(DESCRIPTION OF THE TASK)
Please take the records that follow and repeat exactly the lines starting with the line with "unfoldable pub split_at" and going on through the line with "-- The device".

(DATA FOR THIS EXERCISE)
- Opening Delimiter -
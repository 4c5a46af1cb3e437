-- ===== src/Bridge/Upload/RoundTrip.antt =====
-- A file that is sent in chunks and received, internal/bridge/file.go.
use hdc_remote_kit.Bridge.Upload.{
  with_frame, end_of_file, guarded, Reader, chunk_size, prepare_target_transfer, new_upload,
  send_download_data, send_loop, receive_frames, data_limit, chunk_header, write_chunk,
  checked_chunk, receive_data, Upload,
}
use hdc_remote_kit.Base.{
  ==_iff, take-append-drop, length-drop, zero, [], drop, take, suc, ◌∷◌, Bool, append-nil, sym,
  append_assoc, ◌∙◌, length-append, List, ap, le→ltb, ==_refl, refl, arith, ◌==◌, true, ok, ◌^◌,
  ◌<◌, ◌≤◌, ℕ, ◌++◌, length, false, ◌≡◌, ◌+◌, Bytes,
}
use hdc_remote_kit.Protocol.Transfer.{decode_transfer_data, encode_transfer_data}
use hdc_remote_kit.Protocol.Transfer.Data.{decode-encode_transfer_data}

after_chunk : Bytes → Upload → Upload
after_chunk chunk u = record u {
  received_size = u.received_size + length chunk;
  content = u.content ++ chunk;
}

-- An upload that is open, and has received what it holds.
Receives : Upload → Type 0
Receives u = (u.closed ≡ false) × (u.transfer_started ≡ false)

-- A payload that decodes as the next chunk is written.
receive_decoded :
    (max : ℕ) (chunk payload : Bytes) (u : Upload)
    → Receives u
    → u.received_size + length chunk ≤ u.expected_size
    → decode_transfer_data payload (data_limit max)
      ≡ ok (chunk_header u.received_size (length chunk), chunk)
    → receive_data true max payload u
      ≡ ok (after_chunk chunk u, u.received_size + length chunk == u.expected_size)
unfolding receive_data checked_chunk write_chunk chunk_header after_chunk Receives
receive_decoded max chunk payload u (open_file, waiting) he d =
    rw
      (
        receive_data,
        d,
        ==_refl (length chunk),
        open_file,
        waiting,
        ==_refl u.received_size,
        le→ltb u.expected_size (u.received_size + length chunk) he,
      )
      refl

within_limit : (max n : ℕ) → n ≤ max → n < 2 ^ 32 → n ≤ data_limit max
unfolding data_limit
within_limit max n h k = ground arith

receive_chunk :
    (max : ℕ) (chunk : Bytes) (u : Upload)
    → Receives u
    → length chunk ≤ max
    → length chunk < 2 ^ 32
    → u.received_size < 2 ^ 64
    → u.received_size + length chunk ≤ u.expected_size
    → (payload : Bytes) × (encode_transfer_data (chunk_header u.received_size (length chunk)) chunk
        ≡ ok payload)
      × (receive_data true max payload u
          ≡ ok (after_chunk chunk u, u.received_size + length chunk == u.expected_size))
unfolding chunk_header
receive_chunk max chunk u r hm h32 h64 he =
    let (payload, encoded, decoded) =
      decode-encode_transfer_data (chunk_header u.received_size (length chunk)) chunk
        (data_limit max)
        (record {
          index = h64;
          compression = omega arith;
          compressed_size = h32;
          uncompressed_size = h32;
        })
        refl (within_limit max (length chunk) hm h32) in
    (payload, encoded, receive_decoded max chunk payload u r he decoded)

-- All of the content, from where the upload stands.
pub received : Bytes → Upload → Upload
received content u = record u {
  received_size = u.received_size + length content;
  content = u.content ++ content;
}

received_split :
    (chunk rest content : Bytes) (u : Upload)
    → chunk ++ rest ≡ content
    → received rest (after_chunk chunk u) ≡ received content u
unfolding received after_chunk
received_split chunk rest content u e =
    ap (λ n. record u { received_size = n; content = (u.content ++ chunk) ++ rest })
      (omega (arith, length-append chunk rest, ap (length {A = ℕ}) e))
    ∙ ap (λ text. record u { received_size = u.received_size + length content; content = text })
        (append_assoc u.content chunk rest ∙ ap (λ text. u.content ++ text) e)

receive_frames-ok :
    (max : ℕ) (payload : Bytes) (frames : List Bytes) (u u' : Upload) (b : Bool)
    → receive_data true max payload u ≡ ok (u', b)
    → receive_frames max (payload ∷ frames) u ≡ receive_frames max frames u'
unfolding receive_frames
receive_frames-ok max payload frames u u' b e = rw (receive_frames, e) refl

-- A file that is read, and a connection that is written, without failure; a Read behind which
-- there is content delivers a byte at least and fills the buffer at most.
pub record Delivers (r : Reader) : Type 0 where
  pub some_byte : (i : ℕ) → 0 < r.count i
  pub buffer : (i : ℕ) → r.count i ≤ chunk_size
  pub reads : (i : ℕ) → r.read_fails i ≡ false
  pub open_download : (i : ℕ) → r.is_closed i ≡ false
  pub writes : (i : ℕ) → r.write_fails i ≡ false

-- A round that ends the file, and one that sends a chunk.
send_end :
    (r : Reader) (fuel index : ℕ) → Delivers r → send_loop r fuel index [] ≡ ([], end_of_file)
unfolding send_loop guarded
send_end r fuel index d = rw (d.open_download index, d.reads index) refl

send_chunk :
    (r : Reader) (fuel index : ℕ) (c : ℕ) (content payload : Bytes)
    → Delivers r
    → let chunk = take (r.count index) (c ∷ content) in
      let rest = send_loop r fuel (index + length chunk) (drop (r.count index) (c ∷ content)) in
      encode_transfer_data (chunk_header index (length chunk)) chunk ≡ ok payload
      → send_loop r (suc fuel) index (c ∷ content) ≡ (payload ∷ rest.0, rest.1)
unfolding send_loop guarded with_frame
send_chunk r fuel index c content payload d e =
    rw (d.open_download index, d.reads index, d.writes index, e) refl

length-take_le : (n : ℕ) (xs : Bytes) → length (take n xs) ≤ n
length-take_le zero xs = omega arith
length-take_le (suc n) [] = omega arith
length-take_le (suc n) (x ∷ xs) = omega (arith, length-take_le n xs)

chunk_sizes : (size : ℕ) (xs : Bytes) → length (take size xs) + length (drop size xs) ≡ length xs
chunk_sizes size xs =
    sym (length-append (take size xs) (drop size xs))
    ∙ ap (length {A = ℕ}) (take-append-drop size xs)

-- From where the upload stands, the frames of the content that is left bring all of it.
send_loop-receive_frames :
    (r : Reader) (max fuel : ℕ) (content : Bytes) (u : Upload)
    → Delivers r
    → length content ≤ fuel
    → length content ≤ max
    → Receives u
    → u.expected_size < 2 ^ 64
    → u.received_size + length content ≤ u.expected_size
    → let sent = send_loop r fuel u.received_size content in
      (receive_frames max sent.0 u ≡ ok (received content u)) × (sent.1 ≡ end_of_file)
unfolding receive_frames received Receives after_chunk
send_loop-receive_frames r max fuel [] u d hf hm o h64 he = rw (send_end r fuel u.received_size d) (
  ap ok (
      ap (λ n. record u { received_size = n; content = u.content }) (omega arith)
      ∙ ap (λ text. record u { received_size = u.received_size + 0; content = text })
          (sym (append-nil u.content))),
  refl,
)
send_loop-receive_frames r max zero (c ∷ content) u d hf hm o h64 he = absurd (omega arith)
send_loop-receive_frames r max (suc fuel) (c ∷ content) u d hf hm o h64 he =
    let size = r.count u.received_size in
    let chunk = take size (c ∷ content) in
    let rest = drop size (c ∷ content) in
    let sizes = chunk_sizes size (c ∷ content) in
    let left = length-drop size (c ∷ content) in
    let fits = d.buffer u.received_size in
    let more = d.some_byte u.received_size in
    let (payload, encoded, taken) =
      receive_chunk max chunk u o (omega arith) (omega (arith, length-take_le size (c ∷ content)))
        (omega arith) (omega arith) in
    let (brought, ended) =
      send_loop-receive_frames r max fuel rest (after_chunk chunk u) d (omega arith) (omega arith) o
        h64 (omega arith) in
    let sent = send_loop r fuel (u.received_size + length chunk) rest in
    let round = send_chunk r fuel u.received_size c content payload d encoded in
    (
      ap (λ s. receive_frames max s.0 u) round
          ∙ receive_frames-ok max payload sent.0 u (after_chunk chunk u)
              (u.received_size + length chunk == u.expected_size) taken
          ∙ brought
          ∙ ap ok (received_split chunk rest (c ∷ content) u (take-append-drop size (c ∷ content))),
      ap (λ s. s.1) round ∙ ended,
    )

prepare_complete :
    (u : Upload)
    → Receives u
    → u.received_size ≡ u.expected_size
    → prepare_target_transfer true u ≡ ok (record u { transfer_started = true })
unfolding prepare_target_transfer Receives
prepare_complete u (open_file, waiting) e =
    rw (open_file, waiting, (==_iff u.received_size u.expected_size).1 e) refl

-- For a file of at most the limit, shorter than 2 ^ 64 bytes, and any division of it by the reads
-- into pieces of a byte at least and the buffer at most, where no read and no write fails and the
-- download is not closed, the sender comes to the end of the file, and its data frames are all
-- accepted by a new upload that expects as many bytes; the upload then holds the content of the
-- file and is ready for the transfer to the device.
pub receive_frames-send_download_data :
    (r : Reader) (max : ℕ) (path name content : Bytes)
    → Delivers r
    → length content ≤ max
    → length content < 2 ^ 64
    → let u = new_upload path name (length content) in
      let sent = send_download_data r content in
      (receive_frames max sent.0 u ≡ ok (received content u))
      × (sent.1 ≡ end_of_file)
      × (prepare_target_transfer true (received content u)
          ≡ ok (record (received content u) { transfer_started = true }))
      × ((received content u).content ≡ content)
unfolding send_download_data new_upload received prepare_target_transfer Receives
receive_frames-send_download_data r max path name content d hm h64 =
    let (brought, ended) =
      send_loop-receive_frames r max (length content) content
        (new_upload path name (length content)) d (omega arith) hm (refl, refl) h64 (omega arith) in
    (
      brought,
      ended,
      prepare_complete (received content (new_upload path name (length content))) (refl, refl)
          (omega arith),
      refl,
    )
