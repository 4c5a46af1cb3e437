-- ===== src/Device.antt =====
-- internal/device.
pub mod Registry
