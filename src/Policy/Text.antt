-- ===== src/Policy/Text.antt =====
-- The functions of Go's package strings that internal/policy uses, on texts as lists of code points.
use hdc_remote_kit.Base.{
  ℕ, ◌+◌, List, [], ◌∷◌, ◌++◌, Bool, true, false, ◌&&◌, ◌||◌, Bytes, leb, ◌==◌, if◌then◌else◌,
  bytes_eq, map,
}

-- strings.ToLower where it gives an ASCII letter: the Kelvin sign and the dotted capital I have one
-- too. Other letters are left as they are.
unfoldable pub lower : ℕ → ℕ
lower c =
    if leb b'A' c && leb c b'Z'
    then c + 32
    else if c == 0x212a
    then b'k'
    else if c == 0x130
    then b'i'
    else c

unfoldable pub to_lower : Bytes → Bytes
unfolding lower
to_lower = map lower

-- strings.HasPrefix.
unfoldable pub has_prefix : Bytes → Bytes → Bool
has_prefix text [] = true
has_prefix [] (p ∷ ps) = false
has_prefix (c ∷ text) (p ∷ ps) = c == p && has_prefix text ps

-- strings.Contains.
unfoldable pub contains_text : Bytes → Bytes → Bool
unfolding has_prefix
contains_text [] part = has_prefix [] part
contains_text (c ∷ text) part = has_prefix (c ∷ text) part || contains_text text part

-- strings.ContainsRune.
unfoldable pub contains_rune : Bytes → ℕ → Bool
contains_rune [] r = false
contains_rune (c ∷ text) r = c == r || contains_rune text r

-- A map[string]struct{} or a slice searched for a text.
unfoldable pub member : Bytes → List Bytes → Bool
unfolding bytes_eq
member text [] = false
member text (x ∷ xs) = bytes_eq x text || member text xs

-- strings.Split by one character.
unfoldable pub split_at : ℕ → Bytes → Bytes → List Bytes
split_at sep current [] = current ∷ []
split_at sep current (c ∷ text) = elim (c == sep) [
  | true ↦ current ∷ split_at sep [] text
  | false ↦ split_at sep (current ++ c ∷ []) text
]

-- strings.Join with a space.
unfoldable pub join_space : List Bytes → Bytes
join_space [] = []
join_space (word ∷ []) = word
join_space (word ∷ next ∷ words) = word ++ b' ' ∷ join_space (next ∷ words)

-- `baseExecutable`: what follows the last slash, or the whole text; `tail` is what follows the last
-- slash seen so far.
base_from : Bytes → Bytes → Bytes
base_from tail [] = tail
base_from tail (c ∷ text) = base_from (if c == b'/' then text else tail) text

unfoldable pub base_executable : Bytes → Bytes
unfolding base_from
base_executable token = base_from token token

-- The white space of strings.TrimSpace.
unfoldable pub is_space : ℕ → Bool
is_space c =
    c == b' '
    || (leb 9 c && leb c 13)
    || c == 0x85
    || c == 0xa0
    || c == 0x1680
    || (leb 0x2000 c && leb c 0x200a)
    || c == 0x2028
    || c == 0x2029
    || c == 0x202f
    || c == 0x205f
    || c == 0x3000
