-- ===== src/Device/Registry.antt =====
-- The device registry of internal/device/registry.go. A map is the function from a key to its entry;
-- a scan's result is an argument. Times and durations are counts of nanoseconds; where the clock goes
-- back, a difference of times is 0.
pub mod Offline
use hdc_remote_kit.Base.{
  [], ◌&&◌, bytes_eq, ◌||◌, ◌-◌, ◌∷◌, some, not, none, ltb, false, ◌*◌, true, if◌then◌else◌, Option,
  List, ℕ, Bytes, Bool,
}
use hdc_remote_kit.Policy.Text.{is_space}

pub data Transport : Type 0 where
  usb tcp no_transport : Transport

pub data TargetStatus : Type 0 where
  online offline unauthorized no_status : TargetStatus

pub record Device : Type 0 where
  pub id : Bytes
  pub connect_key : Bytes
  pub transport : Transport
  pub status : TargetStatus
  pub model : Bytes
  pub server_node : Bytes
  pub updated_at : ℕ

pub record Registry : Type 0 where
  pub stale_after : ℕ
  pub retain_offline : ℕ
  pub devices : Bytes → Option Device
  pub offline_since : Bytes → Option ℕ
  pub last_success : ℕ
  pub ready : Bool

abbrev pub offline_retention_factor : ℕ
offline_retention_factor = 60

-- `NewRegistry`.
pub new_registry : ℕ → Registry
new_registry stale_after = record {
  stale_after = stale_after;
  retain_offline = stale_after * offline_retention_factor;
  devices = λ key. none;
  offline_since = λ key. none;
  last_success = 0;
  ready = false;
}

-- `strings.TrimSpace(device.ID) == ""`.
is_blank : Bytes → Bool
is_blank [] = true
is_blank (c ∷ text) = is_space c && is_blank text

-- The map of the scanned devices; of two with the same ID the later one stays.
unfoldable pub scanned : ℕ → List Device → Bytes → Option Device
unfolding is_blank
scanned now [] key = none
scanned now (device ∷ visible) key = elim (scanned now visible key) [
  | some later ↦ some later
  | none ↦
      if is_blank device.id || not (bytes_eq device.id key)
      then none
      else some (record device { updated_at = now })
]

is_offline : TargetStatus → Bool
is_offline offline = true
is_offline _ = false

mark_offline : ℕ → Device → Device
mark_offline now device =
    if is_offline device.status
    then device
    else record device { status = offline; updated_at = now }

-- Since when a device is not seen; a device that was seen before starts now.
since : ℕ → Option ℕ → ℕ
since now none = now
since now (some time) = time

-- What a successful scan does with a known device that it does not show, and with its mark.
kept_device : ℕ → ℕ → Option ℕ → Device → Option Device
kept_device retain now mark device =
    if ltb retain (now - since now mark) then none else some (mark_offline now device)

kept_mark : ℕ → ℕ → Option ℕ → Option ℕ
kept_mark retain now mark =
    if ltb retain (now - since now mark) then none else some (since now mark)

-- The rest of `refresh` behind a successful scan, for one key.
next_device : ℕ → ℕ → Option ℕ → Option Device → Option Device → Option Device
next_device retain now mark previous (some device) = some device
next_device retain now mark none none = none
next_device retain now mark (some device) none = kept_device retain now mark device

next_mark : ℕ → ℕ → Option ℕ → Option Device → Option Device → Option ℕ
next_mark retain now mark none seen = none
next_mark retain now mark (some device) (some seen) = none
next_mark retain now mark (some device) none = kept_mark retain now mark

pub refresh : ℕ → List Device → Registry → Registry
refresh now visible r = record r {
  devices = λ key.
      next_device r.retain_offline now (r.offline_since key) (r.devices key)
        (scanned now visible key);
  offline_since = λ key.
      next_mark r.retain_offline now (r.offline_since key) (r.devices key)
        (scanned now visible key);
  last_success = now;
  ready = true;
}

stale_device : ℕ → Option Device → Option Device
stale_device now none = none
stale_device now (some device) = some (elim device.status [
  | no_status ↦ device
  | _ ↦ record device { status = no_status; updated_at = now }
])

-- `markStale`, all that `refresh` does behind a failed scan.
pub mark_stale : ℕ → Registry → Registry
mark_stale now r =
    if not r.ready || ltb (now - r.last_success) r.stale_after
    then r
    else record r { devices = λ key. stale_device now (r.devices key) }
- Closing Delimiter -
(FINAL ANSWER)
unfoldable pub split_at : ℕ → Bytes → Bytes → List Bytes
split_at sep current [] = current ∷ []
split_at sep current (c ∷ text) = elim (c == sep) [
  | true ↦ current ∷ split_at sep [] text
  | false ↦ split_at sep (current ++ c ∷ []) text
]

-- strings.Join with a space.
unfoldable pub join_space : List Bytes → Bytes
join_space [] = []
join_space (word ∷ []) = word
join_space (word ∷ next ∷ words) = word ++ b' ' ∷ join_space (next ∷ words)

-- `baseExecutable`: what follows the last slash, or the whole text; `tail` is what follows the last
-- slash seen so far.
base_from : Bytes → Bytes → Bytes
base_from tail [] = tail
base_from tail (c ∷ text) = base_from (if c == b'/' then text else tail) text

unfoldable pub base_executable : Bytes → Bytes
unfolding base_from
base_executable token = base_from token token

-- The white space of strings.TrimSpace.
unfoldable pub is_space : ℕ → Bool
is_space c =
    c == b' '
    || (leb 9 c && leb c 13)
    || c == 0x85
    || c == 0xa0
    || c == 0x1680
    || (leb 0x2000 c && leb c 0x200a)
    || c == 0x2028
    || c == 0x2029
    || c == 0x202f
    || c == 0x205f
    || c == 0x3000
-- ===== src/Device/Registry.antt =====
-- The device registry of internal/device/registry.go. A map is the function from a key to its entry;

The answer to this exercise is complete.